# What the task asks:
Quote the entries below from the line with "policy_type = text_of" through the line with "container_leases v = nil", both ends included, and only those lines.

(Saved entries)
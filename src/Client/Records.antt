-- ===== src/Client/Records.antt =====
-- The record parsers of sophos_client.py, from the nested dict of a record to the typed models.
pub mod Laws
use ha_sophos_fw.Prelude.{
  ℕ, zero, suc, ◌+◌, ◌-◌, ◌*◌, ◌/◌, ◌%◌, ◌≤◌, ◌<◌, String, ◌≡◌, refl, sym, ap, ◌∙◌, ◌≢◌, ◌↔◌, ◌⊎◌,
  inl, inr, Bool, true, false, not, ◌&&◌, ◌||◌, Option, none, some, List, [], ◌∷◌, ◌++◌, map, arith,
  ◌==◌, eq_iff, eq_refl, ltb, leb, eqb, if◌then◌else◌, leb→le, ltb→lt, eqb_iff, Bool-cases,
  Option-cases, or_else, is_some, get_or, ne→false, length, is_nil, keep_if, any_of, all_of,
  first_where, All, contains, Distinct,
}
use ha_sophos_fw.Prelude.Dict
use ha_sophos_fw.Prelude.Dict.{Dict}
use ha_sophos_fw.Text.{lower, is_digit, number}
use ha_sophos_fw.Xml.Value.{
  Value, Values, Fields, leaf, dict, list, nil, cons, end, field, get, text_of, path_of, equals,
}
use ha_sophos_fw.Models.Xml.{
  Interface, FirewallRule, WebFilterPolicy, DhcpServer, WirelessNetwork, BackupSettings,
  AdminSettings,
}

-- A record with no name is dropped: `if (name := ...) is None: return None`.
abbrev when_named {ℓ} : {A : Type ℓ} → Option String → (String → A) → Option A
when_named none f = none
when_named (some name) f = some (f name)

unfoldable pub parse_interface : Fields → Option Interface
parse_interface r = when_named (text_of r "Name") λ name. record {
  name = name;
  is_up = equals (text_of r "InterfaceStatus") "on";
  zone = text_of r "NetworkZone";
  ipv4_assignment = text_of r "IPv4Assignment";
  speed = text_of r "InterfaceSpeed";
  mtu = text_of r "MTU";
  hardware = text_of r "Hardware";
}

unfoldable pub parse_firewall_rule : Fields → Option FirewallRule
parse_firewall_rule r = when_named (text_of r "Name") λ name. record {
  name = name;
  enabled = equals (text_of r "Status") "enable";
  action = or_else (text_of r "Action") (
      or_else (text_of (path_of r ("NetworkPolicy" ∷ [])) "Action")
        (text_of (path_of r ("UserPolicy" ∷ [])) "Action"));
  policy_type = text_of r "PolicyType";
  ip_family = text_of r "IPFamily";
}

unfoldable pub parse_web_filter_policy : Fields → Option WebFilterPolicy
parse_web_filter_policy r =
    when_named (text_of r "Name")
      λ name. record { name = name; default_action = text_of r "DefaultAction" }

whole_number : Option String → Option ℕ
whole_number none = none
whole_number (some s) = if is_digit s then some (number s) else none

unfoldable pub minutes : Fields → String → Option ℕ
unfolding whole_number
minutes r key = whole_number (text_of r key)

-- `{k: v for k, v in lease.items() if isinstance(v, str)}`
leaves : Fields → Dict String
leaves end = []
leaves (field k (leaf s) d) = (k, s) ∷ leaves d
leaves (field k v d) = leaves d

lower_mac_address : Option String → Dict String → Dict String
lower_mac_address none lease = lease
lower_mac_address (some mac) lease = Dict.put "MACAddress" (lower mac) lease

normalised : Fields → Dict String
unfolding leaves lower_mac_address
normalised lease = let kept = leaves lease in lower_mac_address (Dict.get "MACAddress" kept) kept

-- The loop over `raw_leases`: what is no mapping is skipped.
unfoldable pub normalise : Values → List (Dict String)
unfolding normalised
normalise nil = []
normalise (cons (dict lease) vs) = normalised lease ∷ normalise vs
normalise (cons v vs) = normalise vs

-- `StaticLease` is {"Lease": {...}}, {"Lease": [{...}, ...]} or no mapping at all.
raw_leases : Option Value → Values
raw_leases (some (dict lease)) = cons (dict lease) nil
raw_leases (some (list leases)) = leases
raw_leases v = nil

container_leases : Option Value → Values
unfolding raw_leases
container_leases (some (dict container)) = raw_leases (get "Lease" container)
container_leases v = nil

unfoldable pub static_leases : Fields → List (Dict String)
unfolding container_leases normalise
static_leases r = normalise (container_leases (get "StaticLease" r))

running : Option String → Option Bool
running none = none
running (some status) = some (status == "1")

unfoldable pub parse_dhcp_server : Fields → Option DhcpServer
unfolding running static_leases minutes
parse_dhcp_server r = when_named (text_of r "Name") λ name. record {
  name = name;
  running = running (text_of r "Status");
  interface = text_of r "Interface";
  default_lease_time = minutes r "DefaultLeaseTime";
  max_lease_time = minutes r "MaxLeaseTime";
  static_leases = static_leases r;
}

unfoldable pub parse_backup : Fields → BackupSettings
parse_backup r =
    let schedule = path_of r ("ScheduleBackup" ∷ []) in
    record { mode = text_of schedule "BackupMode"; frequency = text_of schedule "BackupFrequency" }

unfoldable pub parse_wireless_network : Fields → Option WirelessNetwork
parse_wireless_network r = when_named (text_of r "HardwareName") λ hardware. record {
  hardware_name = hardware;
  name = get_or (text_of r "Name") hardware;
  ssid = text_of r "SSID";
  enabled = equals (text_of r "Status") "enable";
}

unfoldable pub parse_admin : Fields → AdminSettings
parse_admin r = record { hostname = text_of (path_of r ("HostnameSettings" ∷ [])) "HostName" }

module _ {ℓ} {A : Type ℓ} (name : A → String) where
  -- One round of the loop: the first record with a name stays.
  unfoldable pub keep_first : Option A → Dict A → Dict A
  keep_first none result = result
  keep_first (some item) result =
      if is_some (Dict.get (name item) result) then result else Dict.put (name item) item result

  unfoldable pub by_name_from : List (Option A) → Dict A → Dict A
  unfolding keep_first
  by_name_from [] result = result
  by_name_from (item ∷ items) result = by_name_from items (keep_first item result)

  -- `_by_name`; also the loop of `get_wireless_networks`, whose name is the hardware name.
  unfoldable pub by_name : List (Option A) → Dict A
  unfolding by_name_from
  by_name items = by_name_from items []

# Answer to the problem:
  policy_type = text_of r "PolicyType";
  ip_family = text_of r "IPFamily";
}

unfoldable pub parse_web_filter_policy : Fields → Option WebFilterPolicy
parse_web_filter_policy r =
    when_named (text_of r "Name")
      λ name. record { name = name; default_action = text_of r "DefaultAction" }

whole_number : Option String → Option ℕ
whole_number none = none
whole_number (some s) = if is_digit s then some (number s) else none

unfoldable pub minutes : Fields → String → Option ℕ
unfolding whole_number
minutes r key = whole_number (text_of r key)

-- `{k: v for k, v in lease.items() if isinstance(v, str)}`
leaves : Fields → Dict String
leaves end = []
leaves (field k (leaf s) d) = (k, s) ∷ leaves d
leaves (field k v d) = leaves d

lower_mac_address : Option String → Dict String → Dict String
lower_mac_address none lease = lease
lower_mac_address (some mac) lease = Dict.put "MACAddress" (lower mac) lease

normalised : Fields → Dict String
unfolding leaves lower_mac_address
normalised lease = let kept = leaves lease in lower_mac_address (Dict.get "MACAddress" kept) kept

-- The loop over `raw_leases`: what is no mapping is skipped.
unfoldable pub normalise : Values → List (Dict String)
unfolding normalised
normalise nil = []
normalise (cons (dict lease) vs) = normalised lease ∷ normalise vs
normalise (cons v vs) = normalise vs

-- `StaticLease` is {"Lease": {...}}, {"Lease": [{...}, ...]} or no mapping at all.
raw_leases : Option Value → Values
raw_leases (some (dict lease)) = cons (dict lease) nil
raw_leases (some (list leases)) = leases
raw_leases v = nil

container_leases : Option Value → Values
unfolding raw_leases
container_leases (some (dict container)) = raw_leases (get "Lease" container)
container_leases v = nil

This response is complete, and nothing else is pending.